Of the lines listed below, return exactly those that run from the line containing "(limited_none_left limit s.total_fetched" through the line containing "fuel) batch_size limit least s)", both included.

*** MATERIAL FOR THIS EXERCISE ***

-- ===== src/Client/Fetched.antt =====
-- The messages that are yielded in the end, and the errors that end them early.
use tobs.Prelude.{
  ℕ, zero, suc, ◌+◌, ◌-◌, ◌≤◌, ◌<◌, ◌≡◌, refl, sym, ◌∙◌, ap, subst, ◌⊎◌, inl, inr, Option, none,
  some, false, not, List, [], ◌∷◌, ◌++◌, length, length-append, take, drop, take-append-drop, keep,
  keep-append, length-keep-le, arith, Bool-cases,
}
use mathlib.Core.List.{append_assoc}
use tobs.Client.{
  Outcome, finished, raised, Client, Fetch, Batch, batch_raised, batch_messages, is_reached,
  batch_limit, fetch_batch, yield_batch, after_batch, fetch_from, new_fetch, fetch_messages,
}
use tobs.Client.Retries.{AllFail, Fetches, fetch_batch-Fetches}
use tobs.Client.Paging.{
  limited, quota, limited-append, limited_none_left, wanted, yield_batch-limited, Ascending, after,
  keep_next,
}

module _ {M : Type 0} (c : Client M) where
  -- From a state s, with these messages to come: all of them are yielded up to the limit, or three calls
  -- in a row failed, and the first ones are.
  abbrev Ends : Option ℕ → Fetch M → List M → Outcome × Fetch M → Type 0
  Ends limit s ms (o, t) =
      let all = limited (quota limit s.total_fetched) (wanted c ms) in
      ((o ≡ finished) × (t.yielded ≡ s.yielded ++ all))
      ⊎ ((o ≡ raised)
          × ((k : ℕ) × AllFail c k 3)
          × ((n : ℕ) × (t.yielded ≡ s.yielded ++ take n all)))

  module _ (chat : List M) (batch_size least : ℕ) where
    -- The client gives the first messages after both the offset and the least id.
    abbrev pub Pages : Type 0
    Pages =
        (limit off min_id : ℕ)
        → c.get_messages limit off min_id ≡ take limit (keep (after c off min_id) chat)

    take_longer : (n : ℕ) (xs ys : List M) → xs ++ take n ys ≡ take (length xs + n) (xs ++ ys)
    take_longer n [] ys = let same : n ≡ 0 + n = omega arith in ap (λ k. take k ys) same
    take_longer n (x ∷ xs) ys =
        let same : suc (length xs + n) ≡ suc (length xs) + n = omega arith in
        ap (λ l. x ∷ l) (take_longer n xs ys) ∙ ap (λ k. take k (x ∷ xs ++ ys)) same

    take_empty : (n : ℕ) (xs : List M) → 1 ≤ n → take n xs ≡ [] → xs ≡ []
    take_empty zero xs h e = absurd (omega arith)
    take_empty (suc n) [] h e = refl
    take_empty (suc n) (x ∷ xs) h e = absurd (omega (arith, ap length e))

    length-drop_less :
        (n : ℕ) (xs : List M) (m : M) (ms : List M)
        → take n xs ≡ m ∷ ms
        → length (drop n xs) < length xs
    length-drop_less n xs m ms e = omega (
      arith,
      ap length e,
      ap length (take-append-drop n xs),
      length-append (take n xs) (drop n xs),
    )

    append_nil : (xs : List M) → xs ++ [] ≡ xs
    append_nil [] = refl
    append_nil (x ∷ xs) = rw (append_nil xs)

    batch_limit-positive :
        (limit : Option ℕ) (total : ℕ)
        → 1 ≤ batch_size
        → is_reached limit total ≡ false
        → 1 ≤ batch_limit batch_size limit total
    batch_limit-positive none total h more = h
    batch_limit-positive (some n) total h more = ground arith

    -- What is yielded of a page and after it makes up what is yielded.
    page-Ends :
        (limit : Option ℕ) (s t : Fetch M) (page rest ys : List M) (r : Outcome × Fetch M)
        → ys ≡ limited (quota limit s.total_fetched) (wanted c page)
        → t.yielded ≡ s.yielded ++ ys
        → t.total_fetched ≡ s.total_fetched + length ys
        → Ends limit t rest r
        → Ends limit s (page ++ rest) r
    page-Ends limit s t page rest ys (o, u) yields next total ends =
        let more = limited (quota limit t.total_fetched) (wanted c rest) in
        let whole : limited (quota limit s.total_fetched) (wanted c (page ++ rest)) ≡ ys ++ more =
          ap (limited (quota limit s.total_fetched))
            (keep-append (λ m. not (c.has_action m)) page rest)
          ∙ limited-append limit s.total_fetched (wanted c page) (wanted c rest)
          ∙ ap (λ l. l ++ limited (quota limit (s.total_fetched + length l)) (wanted c rest))
              (sym yields)
          ∙ ap (λ k. ys ++ limited (quota limit k) (wanted c rest)) (sym total) in
        elim ends [
          | inl (done, written) ↦ inl (
            done,
            written
                ∙ ap (λ l. l ++ more) next
                ∙ append_assoc s.yielded ys more
                ∙ ap (λ l. s.yielded ++ l) (sym whole),
          )
          | inr (error, failed, (n, written)) ↦ inr (
            error,
            failed,
            (
              length ys + n,
              written
                  ∙ ap (λ l. l ++ take n more) next
                  ∙ append_assoc s.yielded ys (take n more)
                  ∙ ap (λ l. s.yielded ++ l)
                      (take_longer n ys more ∙ ap (take (length ys + n)) (sym whole)),
            ),
          )
        ]

    module _ (pages : Pages) (ascending : Ascending c chat) (positive : 1 ≤ batch_size) where
      page-next :
          (limit : Option ℕ) (s : Fetch M) (fuel size : ℕ) (m : M) (ms rest : List M) (calls : ℕ)
          (sleeps : List ℕ)
          → keep (after c s.current_offset_id least) chat ≡ rest
          → length rest < suc fuel
          → is_reached limit s.total_fetched ≡ false
          → m ∷ ms ≡ c.get_messages size s.current_offset_id least
          → ((t : Fetch M) (r : List M)
              → keep (after c t.current_offset_id least) chat ≡ r
              → length r < fuel
              → Ends limit t r (fetch_from c fuel batch_size limit least t))
          → Ends limit s rest
              (fetch_from c fuel batch_size limit least (after_batch c limit m ms calls sleeps s))
      page-next limit s fuel size m ms rest calls sleeps e h more got rec =
          let t = after_batch c limit m ms calls sleeps s in
          let page : take size rest ≡ m ∷ ms =
            sym (got ∙ pages size s.current_offset_id least ∙ ap (take size) e) in
          let whole : rest ≡ m ∷ ms ++ drop size rest =
            sym (take-append-drop size rest) ∙ ap (λ l. l ++ drop size rest) page in
          let (yields, total) = yield_batch-limited c limit (m ∷ ms) s.total_fetched more in
          subst (λ l. Ends limit s l (fetch_from c fuel batch_size limit least t)) (sym whole)
            (page-Ends limit s t (m ∷ ms) (drop size rest)
              (yield_batch c limit (m ∷ ms) s.total_fetched).0
              (fetch_from c fuel batch_size limit least t) yields refl total
              (rec t (drop size rest)
                (keep_next c s.current_offset_id least chat m ms (drop size rest) ascending
                  (e ∙ whole))
                (omega (arith, h, length-drop_less size rest m ms page))))

      fetch_from-Ends :
          (fuel : ℕ) (limit : Option ℕ) (s : Fetch M) (rest : List M)
          → keep (after c s.current_offset_id least) chat ≡ rest
          → length rest < fuel
          → Ends limit s rest (fetch_from c fuel batch_size limit least s)
      unfolding fetch_from
      fetch_from-Ends zero limit s rest e h = absurd (omega arith)
      fetch_from-Ends (suc fuel) limit s rest e h =
          let size = batch_limit batch_size limit s.total_fetched in
          elim (Bool-cases (is_reached limit s.total_fetched)) [
            | inl reached ↦
                rw (fetch_from, reached)
                  (inl (
                    refl,
                    sym (
                        ap (λ l. s.yielded ++ l)
                          (limited_none_left limit s.total_fetched (wanted c rest) reached)
                        ∙ append_nil s.yielded),
                  ))
            | inr more ↦
                go more (fetch_batch c 3 size s.current_offset_id least s.calls s.sleeps) refl
                  (fetch_batch-Fetches c 3 size s.current_offset_id least s.calls s.sleeps
                    (omega arith))
                  (λ t r. fetch_from-Ends fuel limit t r)
          ]
        where
          limited_nil : (q : Option ℕ) → s.yielded ≡ s.yielded ++ limited q []
          limited_nil none = sym (append_nil s.yielded)
          limited_nil (some zero) = sym (append_nil s.yielded)
          limited_nil (some (suc n)) = sym (append_nil s.yielded)

          go :
              is_reached limit s.total_fetched ≡ false
              → (b : Batch M)
              → let size = batch_limit batch_size limit s.total_fetched in
                fetch_batch c 3 size s.current_offset_id least s.calls s.sleeps ≡ b
                → Fetches c 3 (c.get_messages size s.current_offset_id least) s.calls b
                → ((t : Fetch M) (r : List M)
                    → keep (after c t.current_offset_id least) chat ≡ r
                    → length r < fuel
                    → Ends limit t r (fetch_from c fuel batch_size limit least t))
                → Ends limit s rest (fetch_from c (suc fuel) batch_size limit least s)
          go more (batch_raised calls sleeps) b failed rec =
              rw (fetch_from, more, b)
                (inr (refl, (s.calls, failed), (0, sym (append_nil s.yielded))))
          go more (batch_messages [] calls sleeps) b got rec =
              let size = batch_limit batch_size limit s.total_fetched in
              let no_rest : rest ≡ [] =
                take_empty size rest (batch_limit-positive limit s.total_fetched positive more)
                  (sym (got ∙ pages size s.current_offset_id least ∙ ap (take size) e)) in
              rw (fetch_from, more, b)
                (inl (
                  refl,
                  limited_nil (quota limit s.total_fetched)
                      ∙ ap (λ l. s.yielded ++ limited (quota limit s.total_fetched) (wanted c l))
                          (sym no_rest),
                ))
          go more (batch_messages (m ∷ ms) calls sleeps) b got rec =
              rw (fetch_from, more, b)
                (page-next limit s fuel (batch_limit batch_size limit s.total_fetched) m ms rest
                  calls sleeps e h more got rec)

      quota_all : (limit : Option ℕ) → quota limit 0 ≡ limit
      quota_all none = refl
      quota_all (some n) = let same : n - 0 ≡ n = omega arith in ap some same

      -- For a chat whose messages have ascending ids, where the client gives, for each limit, offset and
      -- least id, the first messages after both, a positive batch size and more fuel than messages:
      -- fetch_messages ends. It yields, in order, the messages with a positive id above the least one
      -- that are no service messages, up to the limit; or three calls in a row failed, and it raises
      -- after it has yielded the first of them.
      pub fetch_messages-yields :
          (fuel : ℕ) (limit : Option ℕ)
          → length chat < fuel
          → let (outcome, t) = fetch_messages c fuel batch_size limit least in
            let all = limited limit (wanted c (keep (after c 0 least) chat)) in
            ((outcome ≡ finished) × (t.yielded ≡ all))
            ⊎ ((outcome ≡ raised)
                × ((k : ℕ) × AllFail c k 3)
                × ((n : ℕ) × (t.yielded ≡ take n all)))
      fetch_messages-yields fuel limit h =
          let few = length-keep-le (after c 0 least) chat in
          subst
            (λ q.
              let (outcome, t) = fetch_messages c fuel batch_size limit least in
              let all = limited q (wanted c (keep (after c 0 least) chat)) in
              ((outcome ≡ finished) × (t.yielded ≡ all))
              ⊎ ((outcome ≡ raised)
                  × ((k : ℕ) × AllFail c k 3)
                  × ((n : ℕ) × (t.yielded ≡ take n all))))
            (quota_all limit)
            (fetch_from-Ends fuel limit (new_fetch c) (keep (after c 0 least) chat) refl
              (omega arith))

*** End of MATERIAL FOR THIS EXERCISE ***

FINAL ANSWER:
                          (limited_none_left limit s.total_fetched (wanted c rest) reached)
                        ∙ append_nil s.yielded),
                  ))
            | inr more ↦
                go more (fetch_batch c 3 size s.current_offset_id least s.calls s.sleeps) refl
                  (fetch_batch-Fetches c 3 size s.current_offset_id least s.calls s.sleeps
                    (omega arith))
                  (λ t r. fetch_from-Ends fuel limit t r)
          ]
        where
          limited_nil : (q : Option ℕ) → s.yielded ≡ s.yielded ++ limited q []
          limited_nil none = sym (append_nil s.yielded)
          limited_nil (some zero) = sym (append_nil s.yielded)
          limited_nil (some (suc n)) = sym (append_nil s.yielded)

          go :
              is_reached limit s.total_fetched ≡ false
              → (b : Batch M)
              → let size = batch_limit batch_size limit s.total_fetched in
                fetch_batch c 3 size s.current_offset_id least s.calls s.sleeps ≡ b
                → Fetches c 3 (c.get_messages size s.current_offset_id least) s.calls b
                → ((t : Fetch M) (r : List M)
                    → keep (after c t.current_offset_id least) chat ≡ r
                    → length r < fuel
                    → Ends limit t r (fetch_from c fuel batch_size limit least t))
                → Ends limit s rest (fetch_from c (suc fuel) batch_size limit least s)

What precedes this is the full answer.